- **Required work**: Write out, word for word, every line in the data below from the one containing "list_beq_iff (x ∷ xs) (y" to the one containing "unfoldable pub erase", both of them included.

(Saved entries)
--- --- ---

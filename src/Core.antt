-- ===== src/Core.antt =====
-- The program around the servers: core/src and core/include.
pub mod Values
pub mod Config
pub mod Main
pub mod Outcomes
pub mod ValidValues
pub mod Valid
pub mod Validated
pub mod Endpoints
pub mod Starts
mod Examples
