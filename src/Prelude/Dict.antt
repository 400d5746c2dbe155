-- ===== src/Prelude/Dict.antt =====
-- `std::unordered_map` as an association list, in the order of its iteration. That order is
-- unspecified in C++: the theorems are about every list of entries, so about every order.
use Prim.Native.Nat.{ℕ}
use mathlib.Core.Path.{◌≡◌, refl}
use mathlib.Core.Logic.{◌↔◌}
use mathlib.Core.Bool.{Bool, true, false, ◌&&◌}
use mathlib.Core.Option.{Option, none, some}
use mathlib.Core.List.{List, [], ◌∷◌}
use native.Mathlib.Omega.{arith}
use r_type_server.Prelude.Tests.{if◌then◌else◌, ==_iff}
use r_type_server.Prelude.Tests.{◌==◌ as nat_beq}

-- The equality of a key type.
pub record Eq {ℓ} (K : Type ℓ) : Type ℓ where
  pub beq : K → K → Bool
  pub beq_iff : (a b : K) → (beq a b ≡ true) ↔ (a ≡ b)

instance abbrev pub nat_eq : Eq ℕ
nat_eq = record { beq = nat_beq; beq_iff = ==_iff }

abbrev pub list_beq : List ℕ → List ℕ → Bool
list_beq [] [] = true
list_beq (x ∷ xs) (y ∷ ys) = nat_beq x y && list_beq xs ys
list_beq _ _ = false

pub list_beq_iff : (xs ys : List ℕ) → (list_beq xs ys ≡ true) ↔ (xs ≡ ys)
list_beq_iff [] [] = (λ _. refl, λ _. refl)
list_beq_iff [] (y ∷ ys) = (λ h. cc, λ h. cc)
list_beq_iff (x ∷ xs) [] = (λ h. cc, λ h. cc)
list_beq_iff (x ∷ xs) (y ∷ ys) =
    let ih = list_beq_iff xs ys in
    (λ h. ground (arith, ih, ==_iff x y), λ h. ground (arith, ih, ==_iff x y))

abbrev pub endpoint_beq : List ℕ × ℕ → List ℕ × ℕ → Bool
endpoint_beq (a, p) (b, q) = list_beq a b && nat_beq p q

pub endpoint_beq_iff : (a b : List ℕ × ℕ) → (endpoint_beq a b ≡ true) ↔ (a ≡ b)
endpoint_beq_iff (a, p) (b, q) = (
  λ h. ground (arith, list_beq_iff a b, ==_iff p q),
  λ h. ground (arith, list_beq_iff a b, ==_iff p q),
)

instance abbrev pub endpoint_eq : Eq (List ℕ × ℕ)
endpoint_eq = record { beq = endpoint_beq; beq_iff = endpoint_beq_iff }

abbrev pub Dict {ℓ κ} : Type ℓ → Type κ → Type (ℓ ⊔ κ)
Dict K V = List (K × V)

-- m.empty()
abbrev pub is_empty {ℓ} : {A : Type ℓ} → List A → Bool
is_empty [] = true
is_empty (x ∷ xs) = false

module _ {ℓ κ} {K : Type ℓ} {V : Type κ} ⦃e : Eq K⦄ where
  -- m.find(k)
  unfoldable pub lookup : K → Dict K V → Option V
  lookup k [] = none
  lookup k ((j, v) ∷ m) = if e.beq j k then some v else lookup k m

  -- m[k] = v: in place, or as a new entry.
  unfoldable pub insert : K → V → Dict K V → Dict K V
  insert k v [] = (k, v) ∷ []
  insert k v ((j, w) ∷ m) = if e.beq j k then (j, v) ∷ m else (j, w) ∷ insert k v m

  -- m.erase(k); a key has one entry, and all of a key's entries go.
  unfoldable pub erase : K → Dict K V → Dict K V
  erase k [] = []
  erase k ((j, w) ∷ m) = let rest = erase k m in if e.beq j k then rest else (j, w) ∷ rest

  -- m.contains(k)
  unfoldable pub contains : K → Dict K V → Bool
  unfolding lookup
  contains k m = elim (lookup k m) [ none ↦ false | some v ↦ true ]

  -- m[k] where the entry is made from `d` if it is missing.
  unfoldable pub get : K → V → Dict K V → V
  unfolding lookup
  get k d m = elim (lookup k m) [ none ↦ d | some v ↦ v ]

  pub lookup-insert :
      (k j : K) (v : V) (m : Dict K V)
      → lookup j (insert k v m) ≡ (if e.beq k j then some v else lookup j m)
  unfolding lookup insert
  lookup-insert k j v [] = refl
  lookup-insert k j v ((i, w) ∷ m) =
      ground (arith, e.beq_iff k j, e.beq_iff i k, e.beq_iff i j, lookup-insert k j v m)

  pub lookup-erase :
      (k j : K) (m : Dict K V) → lookup j (erase k m) ≡ (if e.beq k j then none else lookup j m)
  unfolding lookup erase
  lookup-erase k j [] = ground arith
  lookup-erase k j ((i, w) ∷ m) =
      ground (arith, e.beq_iff k j, e.beq_iff i k, e.beq_iff i j, lookup-erase k j m)

pub beq_refl {ℓ} : {K : Type ℓ} ⦃e : Eq K⦄ (k : K) → e.beq k k ≡ true
beq_refl ⦃e⦄ k = (e.beq_iff k k).1 refl

module _ {ℓ κ} {K : Type ℓ} {V : Type κ} ⦃e : Eq K⦄ where
  pub contains-insert :
      (k j : K) (v : V) (m : Dict K V)
      → contains j (insert k v m) ≡ (if e.beq k j then true else contains j m)
  unfolding contains
  contains-insert k j v m = ground (arith, lookup-insert k j v m)

  pub contains-erase :
      (k j : K) (m : Dict K V)
      → contains j (erase k m) ≡ (if e.beq k j then false else contains j m)
  unfolding contains
  contains-erase k j m = ground (arith, lookup-erase k j m)

  pub get-insert :
      (k j : K) (d v : V) (m : Dict K V)
      → get j d (insert k v m) ≡ (if e.beq k j then v else get j d m)
  unfolding get
  get-insert k j d v m = ground (arith, lookup-insert k j v m)

-- Every value of a dictionary is as `P` says.
abbrev pub Values {ℓ κ μ} : {K : Type ℓ} {V : Type κ} → (V → Type μ) → Dict K V → Type μ
Values P [] = Unit
Values P ((k, v) ∷ m) = P v × Values P m

module _ {ℓ κ μ} {K : Type ℓ} {V : Type κ} ⦃e : Eq K⦄ (P : V → Type μ) where
  pub Values-insert : (k : K) (v : V) (m : Dict K V) → P v → Values P m → Values P (insert k v m)
  unfolding insert
  Values-insert k v [] p h = (p, tt)
  Values-insert k v ((j, w) ∷ m) p h = ground (arith, Values-insert k v m p h.1)

  pub Values-erase : (k : K) (m : Dict K V) → Values P m → Values P (erase k m)
  unfolding erase
  Values-erase k [] h = tt
  Values-erase k ((j, w) ∷ m) h = ground (arith, Values-erase k m h.1)

  pub Values-erase-insert :
      (k : K) (v : V) (m : Dict K V) → Values P m → Values P (erase k (insert k v m))
  unfolding insert erase
  Values-erase-insert k v [] h = ground (arith, e.beq_iff k k)
  Values-erase-insert k v ((j, w) ∷ m) h =
      ground (arith, e.beq_iff j k, Values-erase k m h.1, Values-erase-insert k v m h.1)

-- No key has two entries.
module _ {ℓ κ} {K : Type ℓ} {V : Type κ} ⦃e : Eq K⦄ where
  abbrev pub Unique : Dict K V → Type 0
  Unique [] = Unit
  Unique ((k, v) ∷ m) = (contains k m ≡ false) × Unique m

  pub Unique-insert : (k : K) (v : V) (m : Dict K V) → Unique m → Unique (insert k v m)
  unfolding insert
  Unique-insert k v [] u = (unfold contains in refl, tt)
  Unique-insert k v ((j, w) ∷ m) u =
      ground (arith, contains-insert k j v m, e.beq_iff j k, e.beq_iff k j, Unique-insert k v m u.1)
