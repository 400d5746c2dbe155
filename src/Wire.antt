-- ===== src/Wire.antt =====
-- Bytes on the wire, and the readers of server/include/RTypeSrv/inline/PacketParser.inl. The same
-- two templates stand in server/include/RTypeSrv/GameServerPacketParser.hpp.
pub mod RoundTrip
pub mod Local
mod Examples
use r_type_server.Prelude.{
  ℕ, zero, suc, ◌+◌, ◌*◌, ◌/◌, ◌%◌, ◌^◌, ◌<◌, List, [], ◌∷◌, Option, none, some, Bool, leb, ltb,
  get_or, length, take, drop, All, if◌then◌else◌,
}

abbrev pub Bytes : Type 0
Bytes = List ℕ

abbrev pub IsByte : ℕ → Type 0
IsByte b = b < 256

abbrev pub IsBytes : Bytes → Type 0
IsBytes = All IsByte

-- What the parsers and handlers throw, by the message.
pub data Error : Type 0 where
  incomplete_header invalid_magic invalid_version invalid_value : Error
  incomplete_packet unregistered not_owner invalid_packet : Error

-- The end of a reader: a value and the offset after it, an exception and the offset that the
-- caller's reference has when it is thrown, or a read past the end of the buffer.
pub data Read (A : Type 0) : Type 0 where
  ok : A → ℕ → Read A
  err : Error → ℕ → Read A
  oob : Read A

-- `(const uint8_t *data, size_t &offset, size_t bufsize)`, where `bufsize` is the length.
abbrev pub Reader : Type 0 → Type 0
Reader A = Bytes → ℕ → Read A

infixl 5 ◌>>=◌ ◌>>◌
abbrev pub ◌>>=◌ : {A B : Type 0} → Reader A → (A → Reader B) → Reader B
◌>>=◌ m f d o = elim (m d o) [ ok a o' ↦ f a d o' | err e o' ↦ err e o' | oob ↦ oob ]

abbrev pub ◌>>◌ : {B : Type 0} → Reader (Unit {0}) → Reader B → Reader B
m >> k = m >>= λ _. k

abbrev pub pure : {A : Type 0} → A → Reader A
pure a d o = ok a o

abbrev pub throw : {A : Type 0} → Error → Reader A
throw e d o = err e o

-- `if (offset + n > bufsize) throw`
abbrev pub need : ℕ → Error → Reader (Unit {0})
need n e d o = if leb (o + n) (length d) then ok tt o else err e o

abbrev pub check : Bool → Error → Reader (Unit {0})
check b e d o = if b then ok tt o else err e o

-- `offset += n`
abbrev pub advance : ℕ → Reader (Unit {0})
advance n d o = ok tt (o + n)

-- The n bytes at `data + i`, if the buffer has them.
abbrev pub slice : ℕ → ℕ → Bytes → Option Bytes
slice i n d = if leb (i + n) (length d) then some (take n (drop i d)) else none

-- Reads n bytes at `data + offset + i` and leaves the offset.
abbrev pub peek : ℕ → ℕ → Reader Bytes
peek i n d o = elim (slice (o + i) n d) [ none ↦ oob | some bs ↦ ok bs o ]

-- `data[offset + i]`
abbrev pub byte_at : ℕ → Reader ℕ
byte_at i d o = if ltb (o + i) (length d) then ok (get_or d (o + i) 0) o else oob

-- `val = static_cast<T>((val << 8) | data[offset + i])`: of a byte, `|` is a sum.
abbrev pub be_loop : ℕ → ℕ → Bytes → ℕ
be_loop m val [] = val
be_loop m val (b ∷ bs) = be_loop m ((val * 256 + b) % m) bs

-- `getNextVal<T>` where `sizeof(T)` is `s`.
unfoldable pub get_next_val : ℕ → Reader ℕ
get_next_val s d o = elim (slice o s d) [
  | none ↦ err invalid_value o
  | some bs ↦ ok (be_loop (256 ^ s) 0 bs) (o + s)
]

-- `static_cast<uint8_t>(val >> (8 * i))` from i = s - 1 down to 0.
unfoldable pub be_bytes : ℕ → ℕ → Bytes
be_bytes zero v = []
be_bytes (suc i) v = (v / 256 ^ i % 256) ∷ be_bytes i v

--- --- ---

- **Task response**:
list_beq_iff (x ∷ xs) (y ∷ ys) =
    let ih = list_beq_iff xs ys in
    (λ h. ground (arith, ih, ==_iff x y), λ h. ground (arith, ih, ==_iff x y))

abbrev pub endpoint_beq : List ℕ × ℕ → List ℕ × ℕ → Bool
endpoint_beq (a, p) (b, q) = list_beq a b && nat_beq p q

pub endpoint_beq_iff : (a b : List ℕ × ℕ) → (endpoint_beq a b ≡ true) ↔ (a ≡ b)
endpoint_beq_iff (a, p) (b, q) = (
  λ h. ground (arith, list_beq_iff a b, ==_iff p q),
  λ h. ground (arith, list_beq_iff a b, ==_iff p q),
)

instance abbrev pub endpoint_eq : Eq (List ℕ × ℕ)
endpoint_eq = record { beq = endpoint_beq; beq_iff = endpoint_beq_iff }

abbrev pub Dict {ℓ κ} : Type ℓ → Type κ → Type (ℓ ⊔ κ)
Dict K V = List (K × V)

-- m.empty()
abbrev pub is_empty {ℓ} : {A : Type ℓ} → List A → Bool
is_empty [] = true
is_empty (x ∷ xs) = false

module _ {ℓ κ} {K : Type ℓ} {V : Type κ} ⦃e : Eq K⦄ where
  -- m.find(k)
  unfoldable pub lookup : K → Dict K V → Option V
  lookup k [] = none
  lookup k ((j, v) ∷ m) = if e.beq j k then some v else lookup k m

  -- m[k] = v: in place, or as a new entry.
  unfoldable pub insert : K → V → Dict K V → Dict K V
  insert k v [] = (k, v) ∷ []
  insert k v ((j, w) ∷ m) = if e.beq j k then (j, v) ∷ m else (j, w) ∷ insert k v m

  -- m.erase(k); a key has one entry, and all of a key's entries go.
  unfoldable pub erase : K → Dict K V → Dict K V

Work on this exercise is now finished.